Malcolm Dolman

Personal information
- Full name: Malcolm Charles Dolman
- Born: 14 June 1960 (age 66) North Adelaide, South Australia
- Batting: Left-handed
- Bowling: Slow left-arm wrist-spin
- Role: Bowler

Domestic team information
- 1981/82–1982/83: South Australia

Career statistics
| Competition | First-class |
| Matches | 6 |
| Runs scored | 6 |
| Batting average | 3.00 |
| 100s/50s | 0/0 |
| Top score | 6 |
| Balls bowled | 1,093 |
| Wickets | 14 |
| Bowling average | 40.28 |
| 5 wickets in innings | 0 |
| 10 wickets in match | 0 |
| Best bowling | 4/114 |
| Catches/stumpings | 0/– |
- Source: ESPNcricinfo, 18 March 2024

= Malcolm Dolman =

Australian former cricketer

Malcolm Charles Dolman (born 14 June 1960) is an Australian former cricketer.

Born in North Adelaide, South Australia, Dolman started bowling slow left-arm wrist-spin at primary school and was first noticed as a promising bowler aged 14. He began appearing in representative schoolboy sides and made the Australian Young Cricketers team to England in 1977, playing two unofficial One Day Internationals against England Young Cricketers, and an Australian U/19s tour to Sri Lanka, playing in an unofficial Test match.

Coached by former Test spinner Rex Sellers, Dolman also showed great promise in Adelaide Grade cricket and played colts matches for South Australia, although he was kept from first-class cricket for two years to mature him. This just intensified support for Dolman, who was being called "possibly the most innovative bowler in Australian cricket for a decade" and had former Test player Jack Fingleton calling for his inclusion in the national side before his first-class debut.
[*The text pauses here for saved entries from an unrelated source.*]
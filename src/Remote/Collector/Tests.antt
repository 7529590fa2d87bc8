-- ===== src/Remote/Collector/Tests.antt =====
-- A collection of two mappings that share a server.
use sandook.Base.{
  ℕ, ◌+◌, ◌≡◌, refl, sym, ◌∙◌, ◌≢◌, inl, inr, true, if◌then◌else◌, ◌==◌, List, [], ◌∷◌, ◌++◌, map,
  length, All, some, Bool-cases, ==_iff, arith,
}
use sandook.Status.{ok}
use sandook.Types.{ServerId, BlockAddr, ServerReplicaBlockInfo, ServerReplicaBlockInfoList}
use sandook.Selection.{contains}
use sandook.Selection.Members.{In, contains-of-In}
use sandook.Remote.Collector.{
  ServerBlocks, blocks_of, emplace_back, group_blocks, Collector, run_garbage_collector,
}
use sandook.Remote.Collector.Grouping.{
  blocks_of-group_blocks, Walks, Fits, addrs_on, sent_to, emptied,
}
use sandook.Remote.Collector.Delivery.{run_garbage_collector-Adds}

abbrev count_blocks : ℕ → ServerId → List BlockAddr → ℕ
count_blocks w id blks = w + length blks

abbrev keys : ServerBlocks → List ServerId
keys groups = map (λ g. g.0) groups

abbrev replica : ServerId → BlockAddr → ServerReplicaBlockInfo
replica id addr = record { info = record { server_id = id; block_addr = addr }; dirty = true }

abbrev discarded : List ServerReplicaBlockInfoList
discarded =
    record { front = replica 1 10; back = replica 2 20 }
    ∷ record { front = replica 2 21; back = replica 3 30 }
    ∷ []

abbrev collector : Collector count_blocks
collector = record {
  world = 0;
  servers = 1 ∷ 2 ∷ 3 ∷ [];
  blk_res = record {
    nsectors = 8;
    blk_map = λ _. record { front = replica 1 11; back = replica 2 22 };
    discard_list = discarded;
  };
  num_gc_blocks = 0;
  sent = [];
}

-- One of the three servers.
abbrev OneOf : ServerId → Type 0
OneOf id = In id (1 ∷ 2 ∷ 3 ∷ [])

one_of :
    (id : ServerId) (l m n : List BlockAddr)
    → (if 1 == id then l else if 2 == id then m else if 3 == id then n else []) ≢ []
    → OneOf id
one_of id l m n h = elim (Bool-cases (1 == id)) [
  | inl e ↦ inl (sym ((==_iff 1 id).0 e))
  | inr e ↦ elim (Bool-cases (2 == id)) [
    | inl f ↦ inr (inl (sym ((==_iff 2 id).0 f)))
    | inr f ↦ elim (Bool-cases (3 == id)) [
      | inl g ↦ inr (inr (inl (sym ((==_iff 3 id).0 g))))
      | inr g ↦ absurd (h (rw (e, f, g) refl))
    ]
  ]
]

walks : Walks keys (group_blocks discarded [])
unfolding group_blocks emplace_back blocks_of
walks = (
  ((λ e. omega (arith, e), (λ e. omega (arith, e), tt)), ((λ e. omega (arith, e), tt), (tt, tt))),
  λ id. (has_blocks id, one_of id (10 ∷ []) (20 ∷ 21 ∷ []) (30 ∷ [])),
)
  where
    has_blocks : (id : ServerId) → OneOf id → blocks_of id (group_blocks discarded []) ≢ []
    has_blocks id (inl p) = rw p (λ e. cc)
    has_blocks id (inr (inl p)) = rw p (λ e. cc)
    has_blocks id (inr (inr (inl p))) = rw p (λ e. cc)
    has_blocks id (inr (inr (inr m))) = absurd m

connected : (id : ServerId) → addrs_on id discarded ≢ [] → contains (1 ∷ 2 ∷ 3 ∷ []) id ≡ true
unfolding group_blocks emplace_back blocks_of
connected id n = contains-of-In (1 ∷ 2 ∷ 3 ∷ []) id (
    one_of id (10 ∷ []) (20 ∷ 21 ∷ []) (30 ∷ [])
      (λ e. n (sym (blocks_of-group_blocks id discarded []) ∙ e)))

run_garbage_collector-Adds_example :
    (c' : Collector count_blocks) × (run_garbage_collector count_blocks keys collector
      ≡ some (ok c'))
    × ((j : ServerId) → sent_to j c'.sent ≡ sent_to j [] ++ addrs_on j discarded)
    × (All Fits [] → All Fits c'.sent)
    × (c'.blk_res ≡ emptied collector.blk_res)
run_garbage_collector-Adds_example =
    run_garbage_collector-Adds count_blocks keys collector walks connected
After returning from the Interstate Under 23 Cricket Carnival in December 1981, where he was considered one of the leading players, Dolman finally made his first-class debut for South Australia on 8 January 1982 against Queensland at the Adelaide Oval, taking 4/114 (his best bowling figures) and 2/47.

Following his successful first-class debut, Dolman was awarded an Esso Australian Cricket Scholarship for the 1982 English cricket season, where he played for Warwickshire County Cricket Club's Second XI in the Second XI Championship, playing six matches and taking 39 wickets at 14.90, with a best return of 7/38 against Leicestershire Second XI, and scoring 174 runs at 29.00, with a highest score of 82 against Leicestershire. The former Australian Test spinner Ashley Mallett called him the most exciting spin prospect he had ever seen and English cricket writer David Frith was also enthusiastic about Dolman's cricketing future. Nevertheless, Dolman's second season of first-class cricket proved to be his last, consisting of only a single match against the touring English side on 31 October 1982, when he took 2/72.

Dolman coached Adelaide University to an A-grade district premiership before retiring from cricket to concentrate on his career, initially as a teacher before switching to consulting not-for-profit organisations on developing sponsorship and fundraising programs and coordinating high-profile community programs.

==Sources==
- Frith, D. (1984) The Slow Men, Richard Smart Publishing. ISBN 0-7255-1540-6.
- Ryan, C. (2009) Golden Boy, Allen & Unwin, Sydney. ISBN 978-1-74175-067-6.
- South Australian Cricket Association (S.A.C.A.) Annual Report 1981–82, S.A.C.A.: Adelaide.